• Instructions for the task: Give again, unaltered, the lines of the listing below that run from the line having "-- The world" through the line having "start (leader_churn toy 3 start)".

• Supplied data:
——

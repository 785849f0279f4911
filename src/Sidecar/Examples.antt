-- ===== src/Sidecar/Examples.antt =====
-- The sidecar in a world where every command succeeds.
use raft_implementation.Prelude.{
  ℕ, ◌+◌, ◌%◌, ◌==◌, ◌≡◌, ◌⊎◌, inr, refl, true, false, String, none, some, [], ◌∷◌, str_eq,
  if◌then◌else◌, is_free, trim_space, lookup_or, decimal, insert,
}
use raft_implementation.Sidecar.Registry.{
  NodeDef, RaftStatus, Sidecar, preset_nodes, new_sidecar, is_paused, find_in,
}
use raft_implementation.Sidecar.Docker.{Environment, succeeded, build_peer_http_addrs}
use raft_implementation.Sidecar.Cluster.{find_online_port_excluding}
use raft_implementation.Sidecar.Status.{handle_nodes}
use raft_implementation.Sidecar.Scenarios.{isolate_leader, lose_follower, leader_churn}
use raft_implementation.Sidecar.Stops.{ShowsPaused, on_parts-ShowsPaused}
use raft_implementation.Sidecar.Handlers.{on_parts}
use raft_implementation.Sidecar.Ports.{IsOther, find_online_port_excluding-IsOther}
use raft_implementation.Sidecar.Restores.{IsRestored}
use raft_implementation.Sidecar.Quorum.{scenarios-IsRestored}
use raft_implementation.Sidecar.Presets.{IsRegistry}
use raft_implementation.Sidecar.Requests.{create_call, action_call, serve_all, serve_all-IsRegistry}
use raft_implementation.Sidecar.PeerAddrs.{IsId, known_pairs, address_map, parse-build}
use raft_implementation.Kv.Server.Addrs.{parse_peer_http_addrs}

abbrev status_of : String → RaftStatus
status_of state = record {
  state = state;
  term = 1;
  leader = "node1";
  peers = "node2:7001" ∷ "node3:7001" ∷ [];
  commit_index = 0;
  last_applied = 0;
  heartbeats_sent = 0;
  heartbeats_received = 0;
  snapshot_index = 0;
}

-- The world counts the docker commands: node1 leads after an even number of them, node3 otherwise.
abbrev leader_url : ℕ → String
leader_url w = if w % 2 == 0 then "http://localhost:8081/status" else "http://localhost:8083/status"

abbrev toy : Environment ℕ
toy = record {
  compose_file = "infra/docker-compose.yml";
  project_name = "infra";
  docker = λ args w. (w + 1, succeeded "");
  get_status =
      λ url w. (w, some (status_of (if str_eq url (leader_url w) then "leader" else "follower")));
  post_addr = λ url addr w. (w, inr 200);
}

abbrev start : Sidecar ℕ
start = new_sidecar 0

abbrev node4 : NodeDef
node4 = record {
  id = "node4";
  rpc_addr = "node4:7001";
  http_port = 8084;
  rpc_port = 0;
  bootstrap = false;
  dynamic = false;
}

serve_all-IsRegistry_example :
    IsRegistry
      (serve_all toy 2
        (create_call "POST" (some (record { id = "node6"; http_port = 8086; rpc_port = 0 }))
          ∷ action_call "POST" "/nodes/node6/stop"
          ∷ [])
        start).nodes
serve_all-IsRegistry_example =
    serve_all-IsRegistry toy 2
      (create_call "POST" (some (record { id = "node6"; http_port = 8086; rpc_port = 0 }))
        ∷ action_call "POST" "/nodes/node6/stop"
        ∷ [])
      0

find_online_port_excluding-IsOther_example :
    let port = (find_online_port_excluding toy 8084 preset_nodes 0).1 in
    (port ≡ 0) ⊎ IsOther 8084 preset_nodes port
find_online_port_excluding-IsOther_example =
    find_online_port_excluding-IsOther toy 8084 preset_nodes 0

-- All four scenarios pass in this world.
isolate_leader_passes : (isolate_leader toy 3 start).1 ≡ none
unfolding isolate_leader lookup_or decimal insert
isolate_leader_passes = refl

lose_follower_passes : (lose_follower toy start).1 ≡ none
unfolding lose_follower lookup_or decimal insert
lose_follower_passes = refl

leader_churn_passes : (leader_churn toy 3 start).1 ≡ none
unfolding leader_churn lookup_or decimal insert
leader_churn_passes = refl

scenarios-IsRestored_example :
    IsRestored toy start (isolate_leader toy 3 start)
    × IsRestored toy start (lose_follower toy start)
    × IsRestored toy start (leader_churn toy 3 start)
scenarios-IsRestored_example = scenarios-IsRestored toy 3 start

abbrev node4_paused : Sidecar ℕ
node4_paused = record start { paused_nodes = ("node4", true) ∷ [] }

on_parts-ShowsPaused_example :
    ShowsPaused node4 (handle_nodes toy (on_parts toy 2 ("node4" ∷ "stop" ∷ []) node4_paused).0).1
unfolding find_in is_paused lookup_or
on_parts-ShowsPaused_example = on_parts-ShowsPaused toy 2 "node4" node4 node4_paused refl refl refl

node4-IsId : IsId "node4"
unfolding is_free trim_space
node4-IsId = (refl, refl, refl)

node5-IsId : IsId "node5"
unfolding is_free trim_space
node5-IsId = (refl, refl, refl)

parse-build_example :
    parse_peer_http_addrs (build_peer_http_addrs (node4 ∷ []) "node5" 8085)
    ≡ address_map (known_pairs (node4 ∷ []) "node5" 8085) []
parse-build_example = parse-build (node4 ∷ []) "node5" 8085 (node4-IsId, tt) node5-IsId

——

• Exercise answer:
-- The world counts the docker commands: node1 leads after an even number of them, node3 otherwise.
abbrev leader_url : ℕ → String
leader_url w = if w % 2 == 0 then "http://localhost:8081/status" else "http://localhost:8083/status"

abbrev toy : Environment ℕ
toy = record {
  compose_file = "infra/docker-compose.yml";
  project_name = "infra";
  docker = λ args w. (w + 1, succeeded "");
  get_status =
      λ url w. (w, some (status_of (if str_eq url (leader_url w) then "leader" else "follower")));
  post_addr = λ url addr w. (w, inr 200);
}

abbrev start : Sidecar ℕ
start = new_sidecar 0

abbrev node4 : NodeDef
node4 = record {
  id = "node4";
  rpc_addr = "node4:7001";
  http_port = 8084;
  rpc_port = 0;
  bootstrap = false;
  dynamic = false;
}

serve_all-IsRegistry_example :
    IsRegistry
      (serve_all toy 2
        (create_call "POST" (some (record { id = "node6"; http_port = 8086; rpc_port = 0 }))
          ∷ action_call "POST" "/nodes/node6/stop"
          ∷ [])
        start).nodes
serve_all-IsRegistry_example =
    serve_all-IsRegistry toy 2
      (create_call "POST" (some (record { id = "node6"; http_port = 8086; rpc_port = 0 }))
        ∷ action_call "POST" "/nodes/node6/stop"
        ∷ [])
      0

find_online_port_excluding-IsOther_example :
    let port = (find_online_port_excluding toy 8084 preset_nodes 0).1 in
    (port ≡ 0) ⊎ IsOther 8084 preset_nodes port
find_online_port_excluding-IsOther_example =
    find_online_port_excluding-IsOther toy 8084 preset_nodes 0

-- All four scenarios pass in this world.
isolate_leader_passes : (isolate_leader toy 3 start).1 ≡ none
unfolding isolate_leader lookup_or decimal insert
isolate_leader_passes = refl

lose_follower_passes : (lose_follower toy start).1 ≡ none
unfolding lose_follower lookup_or decimal insert
lose_follower_passes = refl

leader_churn_passes : (leader_churn toy 3 start).1 ≡ none
unfolding leader_churn lookup_or decimal insert
leader_churn_passes = refl

scenarios-IsRestored_example :
    IsRestored toy start (isolate_leader toy 3 start)
    × IsRestored toy start (lose_follower toy start)
    × IsRestored toy start (leader_churn toy 3 start)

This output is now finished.